* What the task asks
Repeat the data precisely as given.

────

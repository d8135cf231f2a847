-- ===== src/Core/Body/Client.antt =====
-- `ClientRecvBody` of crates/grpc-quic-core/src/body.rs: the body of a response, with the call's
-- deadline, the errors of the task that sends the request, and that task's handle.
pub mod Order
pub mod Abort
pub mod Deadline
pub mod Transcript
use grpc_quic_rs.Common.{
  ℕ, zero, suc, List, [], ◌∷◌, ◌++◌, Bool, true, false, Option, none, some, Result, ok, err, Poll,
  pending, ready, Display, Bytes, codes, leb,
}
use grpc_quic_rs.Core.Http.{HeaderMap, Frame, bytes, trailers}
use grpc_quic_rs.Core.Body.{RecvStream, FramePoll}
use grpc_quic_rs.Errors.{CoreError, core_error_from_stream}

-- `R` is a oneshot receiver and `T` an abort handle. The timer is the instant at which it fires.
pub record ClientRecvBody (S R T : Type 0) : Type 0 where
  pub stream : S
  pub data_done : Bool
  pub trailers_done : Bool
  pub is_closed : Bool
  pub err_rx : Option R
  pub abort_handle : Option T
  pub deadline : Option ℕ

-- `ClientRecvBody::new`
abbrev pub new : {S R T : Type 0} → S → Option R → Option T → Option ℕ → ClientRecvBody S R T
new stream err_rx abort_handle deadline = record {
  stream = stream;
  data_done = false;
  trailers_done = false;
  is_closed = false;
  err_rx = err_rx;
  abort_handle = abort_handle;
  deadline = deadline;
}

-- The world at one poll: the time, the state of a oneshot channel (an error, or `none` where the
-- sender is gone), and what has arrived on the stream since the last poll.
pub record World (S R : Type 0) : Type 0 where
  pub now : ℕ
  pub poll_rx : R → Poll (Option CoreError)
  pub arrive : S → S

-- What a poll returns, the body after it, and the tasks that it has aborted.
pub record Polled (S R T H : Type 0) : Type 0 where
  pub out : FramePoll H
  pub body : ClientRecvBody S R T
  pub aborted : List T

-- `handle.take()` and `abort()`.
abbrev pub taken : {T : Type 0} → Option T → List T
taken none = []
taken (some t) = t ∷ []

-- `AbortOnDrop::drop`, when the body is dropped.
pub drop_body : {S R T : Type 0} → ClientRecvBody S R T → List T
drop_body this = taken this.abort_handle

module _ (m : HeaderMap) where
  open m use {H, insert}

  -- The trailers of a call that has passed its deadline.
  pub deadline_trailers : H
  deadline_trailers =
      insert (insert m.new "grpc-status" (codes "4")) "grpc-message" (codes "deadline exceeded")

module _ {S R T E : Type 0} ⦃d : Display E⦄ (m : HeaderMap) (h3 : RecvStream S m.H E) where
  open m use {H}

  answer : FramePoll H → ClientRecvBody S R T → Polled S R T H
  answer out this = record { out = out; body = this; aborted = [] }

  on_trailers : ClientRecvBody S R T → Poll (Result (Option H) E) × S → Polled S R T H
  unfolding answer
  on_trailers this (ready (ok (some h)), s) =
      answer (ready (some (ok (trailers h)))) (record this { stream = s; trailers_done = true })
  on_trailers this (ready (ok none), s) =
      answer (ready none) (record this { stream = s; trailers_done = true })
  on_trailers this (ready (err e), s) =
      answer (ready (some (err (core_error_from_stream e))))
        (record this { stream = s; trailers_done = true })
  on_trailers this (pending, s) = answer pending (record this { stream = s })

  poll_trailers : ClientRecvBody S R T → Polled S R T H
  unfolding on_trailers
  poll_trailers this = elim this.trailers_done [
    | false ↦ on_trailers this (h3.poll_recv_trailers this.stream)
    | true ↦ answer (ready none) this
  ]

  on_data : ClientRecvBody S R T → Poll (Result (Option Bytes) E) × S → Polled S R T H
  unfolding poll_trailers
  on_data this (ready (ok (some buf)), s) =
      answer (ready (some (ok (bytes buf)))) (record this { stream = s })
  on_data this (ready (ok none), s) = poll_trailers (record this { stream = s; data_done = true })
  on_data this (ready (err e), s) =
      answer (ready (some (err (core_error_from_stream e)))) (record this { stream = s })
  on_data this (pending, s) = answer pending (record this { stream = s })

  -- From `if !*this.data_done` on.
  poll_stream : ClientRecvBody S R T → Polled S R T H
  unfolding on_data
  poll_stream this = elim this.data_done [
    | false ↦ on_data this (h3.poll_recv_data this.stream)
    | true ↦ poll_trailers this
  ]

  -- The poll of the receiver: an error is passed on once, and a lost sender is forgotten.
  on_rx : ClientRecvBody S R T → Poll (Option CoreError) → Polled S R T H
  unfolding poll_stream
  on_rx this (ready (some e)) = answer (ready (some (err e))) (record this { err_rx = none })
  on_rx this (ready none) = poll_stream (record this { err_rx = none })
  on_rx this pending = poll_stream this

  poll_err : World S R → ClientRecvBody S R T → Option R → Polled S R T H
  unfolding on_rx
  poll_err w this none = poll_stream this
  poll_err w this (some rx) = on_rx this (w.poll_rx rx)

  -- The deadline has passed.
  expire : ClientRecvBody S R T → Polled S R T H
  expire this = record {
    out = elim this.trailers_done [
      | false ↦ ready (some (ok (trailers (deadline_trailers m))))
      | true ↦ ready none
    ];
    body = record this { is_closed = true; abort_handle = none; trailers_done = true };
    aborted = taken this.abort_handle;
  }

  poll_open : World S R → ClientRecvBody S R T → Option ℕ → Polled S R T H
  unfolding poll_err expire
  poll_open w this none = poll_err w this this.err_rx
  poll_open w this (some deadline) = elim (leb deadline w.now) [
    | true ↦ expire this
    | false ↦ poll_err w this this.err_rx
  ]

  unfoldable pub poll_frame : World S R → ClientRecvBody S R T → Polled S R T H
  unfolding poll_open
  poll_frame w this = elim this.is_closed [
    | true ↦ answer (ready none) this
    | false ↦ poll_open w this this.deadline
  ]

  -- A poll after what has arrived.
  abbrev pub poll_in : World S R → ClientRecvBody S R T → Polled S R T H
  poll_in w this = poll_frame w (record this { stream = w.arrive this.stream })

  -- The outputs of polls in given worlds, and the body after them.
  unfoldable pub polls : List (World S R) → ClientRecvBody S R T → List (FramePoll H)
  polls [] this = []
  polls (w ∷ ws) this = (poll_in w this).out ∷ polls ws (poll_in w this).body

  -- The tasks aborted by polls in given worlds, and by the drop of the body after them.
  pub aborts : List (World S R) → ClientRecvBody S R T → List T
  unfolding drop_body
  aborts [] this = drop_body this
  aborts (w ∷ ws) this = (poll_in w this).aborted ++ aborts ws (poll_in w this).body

────

* Response to the task
repository d8135cf231f2a847
-- ===== src/Core/Body/Client.antt =====
-- `ClientRecvBody` of crates/grpc-quic-core/src/body.rs: the body of a response, with the call's
-- deadline, the errors of the task that sends the request, and that task's handle.
pub mod Order
pub mod Abort
pub mod Deadline
pub mod Transcript
use grpc_quic_rs.Common.{
  ℕ, zero, suc, List, [], ◌∷◌, ◌++◌, Bool, true, false, Option, none, some, Result, ok, err, Poll,
  pending, ready, Display, Bytes, codes, leb,
}
use grpc_quic_rs.Core.Http.{HeaderMap, Frame, bytes, trailers}
use grpc_quic_rs.Core.Body.{RecvStream, FramePoll}
use grpc_quic_rs.Errors.{CoreError, core_error_from_stream}

-- `R` is a oneshot receiver and `T` an abort handle. The timer is the instant at which it fires.
pub record ClientRecvBody (S R T : Type 0) : Type 0 where
  pub stream : S
  pub data_done : Bool
  pub trailers_done : Bool
  pub is_closed : Bool
  pub err_rx : Option R
  pub abort_handle : Option T
  pub deadline : Option ℕ

-- `ClientRecvBody::new`
abbrev pub new : {S R T : Type 0} → S → Option R → Option T → Option ℕ → ClientRecvBody S R T
new stream err_rx abort_handle deadline = record {
  stream = stream;
  data_done = false;
  trailers_done = false;
  is_closed = false;
  err_rx = err_rx;
  abort_handle = abort_handle;
  deadline = deadline;
}

-- The world at one poll: the time, the state of a oneshot channel (an error, or `none` where the
-- sender is gone), and what has arrived on the stream since the last poll.
pub record World (S R : Type 0) : Type 0 where
  pub now : ℕ
  pub poll_rx : R → Poll (Option CoreError)
  pub arrive : S → S

-- What a poll returns, the body after it, and the tasks that it has aborted.
pub record Polled (S R T H : Type 0) : Type 0 where
  pub out : FramePoll H
  pub body : ClientRecvBody S R T
  pub aborted : List T

-- `handle.take()` and `abort()`.
abbrev pub taken : {T : Type 0} → Option T → List T
taken none = []
taken (some t) = t ∷ []

-- `AbortOnDrop::drop`, when the body is dropped.
pub drop_body : {S R T : Type 0} → ClientRecvBody S R T → List T
drop_body this = taken this.abort_handle

module _ (m : HeaderMap) where
  open m use {H, insert}

  -- The trailers of a call that has passed its deadline.
  pub deadline_trailers : H
  deadline_trailers =
      insert (insert m.new "grpc-status" (codes "4")) "grpc-message" (codes "deadline exceeded")

module _ {S R T E : Type 0} ⦃d : Display E⦄ (m : HeaderMap) (h3 : RecvStream S m.H E) where
  open m use {H}

  answer : FramePoll H → ClientRecvBody S R T → Polled S R T H
  answer out this = record { out = out; body = this; aborted = [] }

  on_trailers : ClientRecvBody S R T → Poll (Result (Option H) E) × S → Polled S R T H
  unfolding answer
  on_trailers this (ready (ok (some h)), s) =
      answer (ready (some (ok (trailers h)))) (record this { stream = s; trailers_done = true })
  on_trailers this (ready (ok none), s) =
      answer (ready none) (record this { stream = s; trailers_done = true })
  on_trailers this (ready (err e), s) =
      answer (ready (some (err (core_error_from_stream e))))
        (record this { stream = s; trailers_done = true })
  on_trailers this (pending, s) = answer pending (record this { stream = s })

  poll_trailers : ClientRecvBody S R T → Polled S R T H
  unfolding on_trailers
  poll_trailers this = elim this.trailers_done [
    | false ↦ on_trailers this (h3.poll_recv_trailers this.stream)
    | true ↦ answer (ready none) this
  ]

  on_data : ClientRecvBody S R T → Poll (Result (Option Bytes) E) × S → Polled S R T H
  unfolding poll_trailers
  on_data this (ready (ok (some buf)), s) =
      answer (ready (some (ok (bytes buf)))) (record this { stream = s })
  on_data this (ready (ok none), s) = poll_trailers (record this { stream = s; data_done = true })
  on_data this (ready (err e), s) =
      answer (ready (some (err (core_error_from_stream e)))) (record this { stream = s })
  on_data this (pending, s) = answer pending (record this { stream = s })

  -- From `if !*this.data_done` on.
  poll_stream : ClientRecvBody S R T → Polled S R T H
  unfolding on_data
  poll_stream this = elim this.data_done [
    | false ↦ on_data this (h3.poll_recv_data this.stream)
    | true ↦ poll_trailers this
  ]

  -- The poll of the receiver: an error is passed on once, and a lost sender is forgotten.
  on_rx : ClientRecvBody S R T → Poll (Option CoreError) → Polled S R T H
  unfolding poll_stream
  on_rx this (ready (some e)) = answer (ready (some (err e))) (record this { err_rx = none })
  on_rx this (ready none) = poll_stream (record this { err_rx = none })
  on_rx this pending = poll_stream this

  poll_err : World S R → ClientRecvBody S R T → Option R → Polled S R T H
  unfolding on_rx
  poll_err w this none = poll_stream this
  poll_err w this (some rx) = on_rx this (w.poll_rx rx)

  -- The deadline has passed.
  expire : ClientRecvBody S R T → Polled S R T H
  expire this = record {
    out = elim this.trailers_done [
      | false ↦ ready (some (ok (trailers (deadline_trailers m))))
      | true ↦ ready none
    ];
    body = record this { is_closed = true; abort_handle = none; trailers_done = true };
    aborted = taken this.abort_handle;
  }

  poll_open : World S R → ClientRecvBody S R T → Option ℕ → Polled S R T H
  unfolding poll_err expire
  poll_open w this none = poll_err w this this.err_rx
  poll_open w this (some deadline) = elim (leb deadline w.now) [
    | true ↦ expire this
    | false ↦ poll_err w this this.err_rx
  ]

  unfoldable pub poll_frame : World S R → ClientRecvBody S R T → Polled S R T H
  unfolding poll_open
  poll_frame w this = elim this.is_closed [
    | true ↦ answer (ready none) this
    | false ↦ poll_open w this this.deadline
  ]

  -- A poll after what has arrived.
  abbrev pub poll_in : World S R → ClientRecvBody S R T → Polled S R T H
  poll_in w this = poll_frame w (record this { stream = w.arrive this.stream })

  -- The outputs of polls in given worlds, and the body after them.
  unfoldable pub polls : List (World S R) → ClientRecvBody S R T → List (FramePoll H)
  polls [] this = []
  polls (w ∷ ws) this = (poll_in w this).out ∷ polls ws (poll_in w this).body

  -- The tasks aborted by polls in given worlds, and by the drop of the body after them.
  pub aborts : List (World S R) → ClientRecvBody S R T → List T
  unfolding drop_body
  aborts [] this = drop_body this
  aborts (w ∷ ws) this = (poll_in w this).aborted ++ aborts ws (poll_in w this).body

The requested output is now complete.